I highly recommend An American Atrocity to those who who wish to read a nuanced novel about the moral and ethical issues that infantry soldiers deal with.

The author’s website is http://anamericanatrocity.com

—David Willson

The author in Vietnam

Lincoln’s Code by John Fabian Witt

John Fabian Witt’s Lincoln’s Code: The Laws of War in American History (Free Press, 498 pp., $32) is “a story about war in America,” the author notes. “To be more specific, it is the story of an idea about war, an idea that Americans have sometimes nurtured and often scorned.” Said idea: “that the conduct of war can be constrained by law.”

Witt, a Yale University Law School professor who also is a Yale history professor and a Guggenheim Foundation fellow, traces that concept to the Lincoln administration’s adopting of a detailed code of law for the Union Army in late December of 1862. Written by Francis Lieber and approved by Lincoln, that code—which dealt with issues such as torture, POWs, the treatment civilians, spies, and slaves—became “the foundation of the modern laws of war,” Witt notes.

Parts of the code, which consisted of 157 short sections (or “articles”), were adopted by other nations around the world; some were incorporated into the Geneva Conventions of the mid-twentieth century.

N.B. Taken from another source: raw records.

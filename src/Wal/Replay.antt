-- ===== src/Wal/Replay.antt =====
-- Recovery against the list of the payloads that were appended.
use focal_vector.Base.{
  ℕ, zero, suc, ◌+◌, ◌≤◌, ◌<◌, ◌≡◌, ◌≢◌, sym, ap, ◌∙◌, none, some, List, [], ◌∷◌, ◌++◌, length,
  take, arith, All, append_assoc, length-append, inl, inr,
}
use focal_vector.Outcome.{Result, ok, err, Result-cases}
use focal_vector.Str.{str_cmp}
use focal_vector.Float.{FloatOps}
use focal_vector.Map.{set_extend}
use focal_vector.Collection.{Collection}
use focal_vector.Wal.{
  max_frame_bytes, frame, scan_frame, apply_payload, Recovered, recover_frames, recover, stop,
}
use focal_vector.Wal.Frames.{
  length-frame, scan_frame-frame, scan_frame-torn, Scanned-cases, stops, refuses, finds,
  scan_frame-ok,
}

-- The log after appending each payload in turn.
unfoldable pub log_of : List (List ℕ) → List ℕ
log_of [] = []
log_of (p ∷ ps) = frame p ++ log_of ps

module _ (fl : FloatOps) where
  -- What the recovery of a list of payloads comes to, without bytes or fuel.
  unfoldable pub replay : Recovered → List (List ℕ) → Result Recovered
  replay state [] = ok state
  replay state (p ∷ ps) = elim (apply_payload fl state.collection p) [
    | err e ↦ err e
    | ok (c, ids) ↦
        replay
          (record {
            collection = c;
            dirty_ids = set_extend str_cmp state.dirty_ids ids;
            kept = state.kept + (8 + (length p + 4));
          })
          ps
  ]

  recover_frames-replay :
      (fuel : ℕ) (state : Recovered) (ps : List (List ℕ)) (tail : List ℕ)
      → All (λ p. length p ≤ max_frame_bytes) ps
      → ((k : ℕ) → scan_frame k tail ≡ stop)
      → length (log_of ps) < fuel
      → recover_frames fl fuel state (log_of ps ++ tail) ≡ some (replay state ps)
  unfolding log_of replay recover_frames
  recover_frames-replay zero state ps tail a torn h = ground (arith, h)
  recover_frames-replay (suc fuel) state [] tail a torn h = rw (torn state.kept, recover_frames)
  recover_frames-replay (suc fuel) state (p ∷ ps) tail a torn h =
      let rest = log_of ps ++ tail in
      rw
        (
          append_assoc (frame p) (log_of ps) tail,
          scan_frame-frame state.kept p rest a.0,
          recover_frames,
        )
        (elim (Result-cases (apply_payload fl state.collection p)) [
          | inr (e, f) ↦ rw (f, recover_frames, replay)
          | inl (r, f) ↦
              rw (f, recover_frames, replay)
                (recover_frames-replay fuel _ ps tail a.1 torn
                  (omega (arith, h, length-append (frame p) (log_of ps), length-frame p)))
        ])

  -- Recovering a log to which whole payloads were appended, each within the size limit, and then a
  -- strict prefix of one more frame, applies exactly the whole payloads in their order, with the result
  -- of the first that fails; it does not run out of fuel.
  pub recover-eq-replay :
      (c : Collection) (ps : List (List ℕ)) (last : List ℕ) (n : ℕ)
      → All (λ p. length p ≤ max_frame_bytes) ps
      → length last ≤ max_frame_bytes
      → n < length (frame last)
      → recover fl c (log_of ps ++ take n (frame last))
        ≡ some (replay (record { collection = c; dirty_ids = []; kept = 0 }) ps)
  unfolding recover
  recover-eq-replay c ps last n a b h =
      recover_frames-replay (suc (length (log_of ps ++ take n (frame last)))) _ ps _ a
        (λ k. scan_frame-torn k n last b h)
        (omega (arith, length-append (log_of ps) (take n (frame last))))

  -- A replay that succeeds keeps the whole frames and nothing of what follows them.
  replay-kept :
      (ps : List (List ℕ)) (state final : Recovered)
      → replay state ps ≡ ok final
      → final.kept ≡ state.kept + length (log_of ps)
  unfolding replay log_of
  replay-kept [] state final h =
      let e : state ≡ final = cc in ap (λ (s : Recovered). s.kept) (sym e) ∙ omega arith
  replay-kept (p ∷ ps) state final h = elim (Result-cases (apply_payload fl state.collection p)) [
    | inr (e, f) ↦ let bad = rw (f, replay) at h in cc
    | inl (r, f) ↦
        let good = rw (f, replay) at h in
        replay-kept ps _ final good
        ∙ omega (arith, length-append (frame p) (log_of ps), length-frame p)
  ]

  recover_frames_total :
      (fuel : ℕ) (state : Recovered) (file : List ℕ)
      → length file < fuel
      → recover_frames fl fuel state file ≢ none
  unfolding recover_frames
  recover_frames_total zero state file h = ground (arith, h)
  recover_frames_total (suc fuel) state file h = elim (Scanned-cases (scan_frame state.kept file)) [
    | stops e ↦ rw (e, recover_frames) (λ x. cc)
    | refuses r e ↦ rw (e, recover_frames) (λ x. cc)
    | finds p rest e ↦
        rw (e, recover_frames)
          (elim (Result-cases (apply_payload fl state.collection p)) [
            | inr (x, f) ↦ rw (f, recover_frames) (λ x. cc)
            | inl (r, f) ↦
                rw (f, recover_frames)
                  (recover_frames_total fuel _ rest
                    (omega (arith, h, scan_frame-ok state.kept file p rest e)))
          ])
  ]

  -- Recovery of any bytes whatever ends.
  pub recover_total : (c : Collection) (wal : List ℕ) → recover fl c wal ≢ none
  unfolding recover
  recover_total c wal = recover_frames_total (suc (length wal)) _ wal (omega arith)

Witt deals mainly with American wars from the Revolution to the little-known Philippine War of 1899-1902. He barely touches the Vietnam War, except to note that that war had several things in common with the Philippine War, including the fact that in both cases American troops faced guerrilla-led insurgencies in the jungles of Southeast Asia.

In the Philippine War, Witt notes, American troops’ use of an interrogation method now known as water boarding “produced a law of war crisis like none to that point in American history, though it bore an eerie resemblance to the controversies that would arise in Vietnam in the 1960s and in Afghanistan and Iraq in the early 2000s.”